-- ===== src/Subset/Dicts.antt =====
-- The trie as a dict from sorted features to terminals.
use claw_tune.Base.{
  ◌≡◌, refl, ◌∙◌, ap, Bool, true, false, ◌&&◌, Option, none, some, List, [], ◌∷◌, if◌then◌else◌,
  is_yes, arith,
}
use claw_tune.Subset.{
  Terminal, Branch, branch, Child, leaf, inner, Children, nil, cons, as_branch, last_child,
  get_child, put_child, add_terminal,
}

module _ {F : Type 0} (dec : Discrete F) where
  pub get_child-put :
      (g f : F) (c : Child F) (cs : Children F)
      → get_child dec g (put_child dec f c cs)
        ≡ (if is_yes (dec f g) then some c else get_child dec g cs)
  unfolding get_child put_child
  get_child-put g f c nil = refl
  get_child-put g f c (cons h d cs) = ground (arith, get_child-put g f c cs)

  -- The terminal of a list without further features.
  abbrev pub only_leaf : List F → Terminal F → Option (Terminal F)
  only_leaf [] t = some t
  only_leaf (f ∷ fs) t = none

  -- The terminal that stands under a list of features.
  unfoldable pub find : List F → Branch F → Option (Terminal F)
  find [] (branch n cs) = n
  find (f ∷ fs) (branch n cs) = elim (get_child dec f cs) [
    | none ↦ none
    | some (leaf t) ↦ only_leaf fs t
    | some (inner b) ↦ find fs b
  ]

  unfoldable pub find_in : List F → Option (Child F) → Option (Terminal F)
  find_in fs none = none
  find_in fs (some (leaf t)) = only_leaf fs t
  find_in fs (some (inner b)) = find fs b

  pub find-cons :
      (f : F) (fs : List F) (n : Option (Terminal F)) (cs : Children F)
      → find (f ∷ fs) (branch n cs) ≡ find_in fs (get_child dec f cs)
  unfolding find find_in
  find-cons f fs n cs = ground arith

  find-as_branch : (fs : List F) (c : Option (Child F)) → find fs (as_branch c) ≡ find_in fs c
  unfolding find find_in as_branch get_child
  find-as_branch [] none = refl
  find-as_branch (f ∷ fs) none = refl
  find-as_branch [] (some (leaf t)) = refl
  find-as_branch (f ∷ fs) (some (leaf t)) = refl
  find-as_branch fs (some (inner b)) = refl

  -- `a == b`
  unfoldable pub is_same : List F → List F → Bool
  is_same [] [] = true
  is_same (f ∷ fs) (g ∷ gs) = is_yes (dec f g) && is_same fs gs
  is_same _ _ = false

  find_in-last_child :
      (fs : List F) (t : Terminal F) (c : Option (Child F))
      → find_in fs (some (last_child t c)) ≡ (if is_same [] fs then some t else find_in fs c)
  unfolding find_in find last_child is_same
  find_in-last_child [] t none = refl
  find_in-last_child (f ∷ fs) t none = refl
  find_in-last_child [] t (some (leaf u)) = refl
  find_in-last_child (f ∷ fs) t (some (leaf u)) = refl
  find_in-last_child [] t (some (inner (branch n cs))) = refl
  find_in-last_child (f ∷ fs) t (some (inner (branch n cs))) = refl

  find-put_child :
      (f k : F) (fs : List F) (n : Option (Terminal F)) (c : Child F) (cs : Children F)
      → find (f ∷ fs) (branch n (put_child dec k c cs))
        ≡ (if is_yes (dec k f) then find_in fs (some c) else find (f ∷ fs) (branch n cs))
  find-put_child f k fs n c cs = elim (dec k f) [
    | yes p ↦ ground (arith, p, find-cons f fs n (put_child dec k c cs), get_child-put f k c cs)
    | no d ↦ ground (
      arith,
      d,
      find-cons f fs n (put_child dec k c cs),
      find-cons f fs n cs,
      get_child-put f k c cs,
    )
  ]

  through :
      (f k : F) (fs gs : List F) (n : Option (Terminal F)) (cs : Children F) (t : Terminal F)
      (b : Branch F)
      → k ≡ f
      → find fs b ≡ (if is_same gs fs then some t else find fs (as_branch (get_child dec k cs)))
      → (if is_yes (dec k f) then find fs b else find (f ∷ fs) (branch n cs))
        ≡ (if is_yes (dec k f) && is_same gs fs then some t else find (f ∷ fs) (branch n cs))
  through f k fs gs n cs t b p h = ground (
    arith,
    p,
    h,
    find-as_branch fs (get_child dec k cs),
    find-cons f fs n cs,
    ap (λ x. find_in fs (get_child dec x cs)) p,
  )

  -- Adding a terminal under a list of features changes what stands under this list, and nothing else.
  pub find-add_terminal :
      (fs ks : List F) (t : Terminal F) (b : Branch F)
      → find fs (add_terminal dec ks t b) ≡ (if is_same ks fs then some t else find fs b)
  unfolding add_terminal is_same find find_in
  find-add_terminal [] [] t (branch n cs) = refl
  find-add_terminal (f ∷ fs) [] t (branch n cs) = refl
  find-add_terminal [] (k ∷ []) t (branch n cs) = refl
  find-add_terminal (f ∷ fs) (k ∷ []) t (branch n cs) =
      find-put_child f k fs n (last_child t (get_child dec k cs)) cs ∙ elim (dec k f) [
        | yes p ↦
            ground (arith, p, find_in-last_child fs t (get_child dec k cs), find-cons f fs n cs)
        | no d ↦ ground (arith, d)
      ]
  find-add_terminal [] (k ∷ l ∷ ks) t (branch n cs) = refl
  find-add_terminal (f ∷ fs) (k ∷ l ∷ ks) t (branch n cs) =
      let old = as_branch (get_child dec k cs) in
      find-put_child f k fs n (inner (add_terminal dec (l ∷ ks) t old)) cs ∙ elim (dec k f) [
        | yes p ↦ through f k fs (l ∷ ks) n cs t _ p (find-add_terminal fs (l ∷ ks) t old)
        | no d ↦ ground (arith, d)
      ]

####

# Work to complete
Output consists of exactly the lines from the one containing "find-put_child f k fs n (inner" to the end of the records above, retyped without change and with nothing extra.

# Written answer
      find-put_child f k fs n (inner (add_terminal dec (l ∷ ks) t old)) cs ∙ elim (dec k f) [
        | yes p ↦ through f k fs (l ∷ ks) n cs t _ p (find-add_terminal fs (l ∷ ks) t old)
        | no d ↦ ground (arith, d)
      ]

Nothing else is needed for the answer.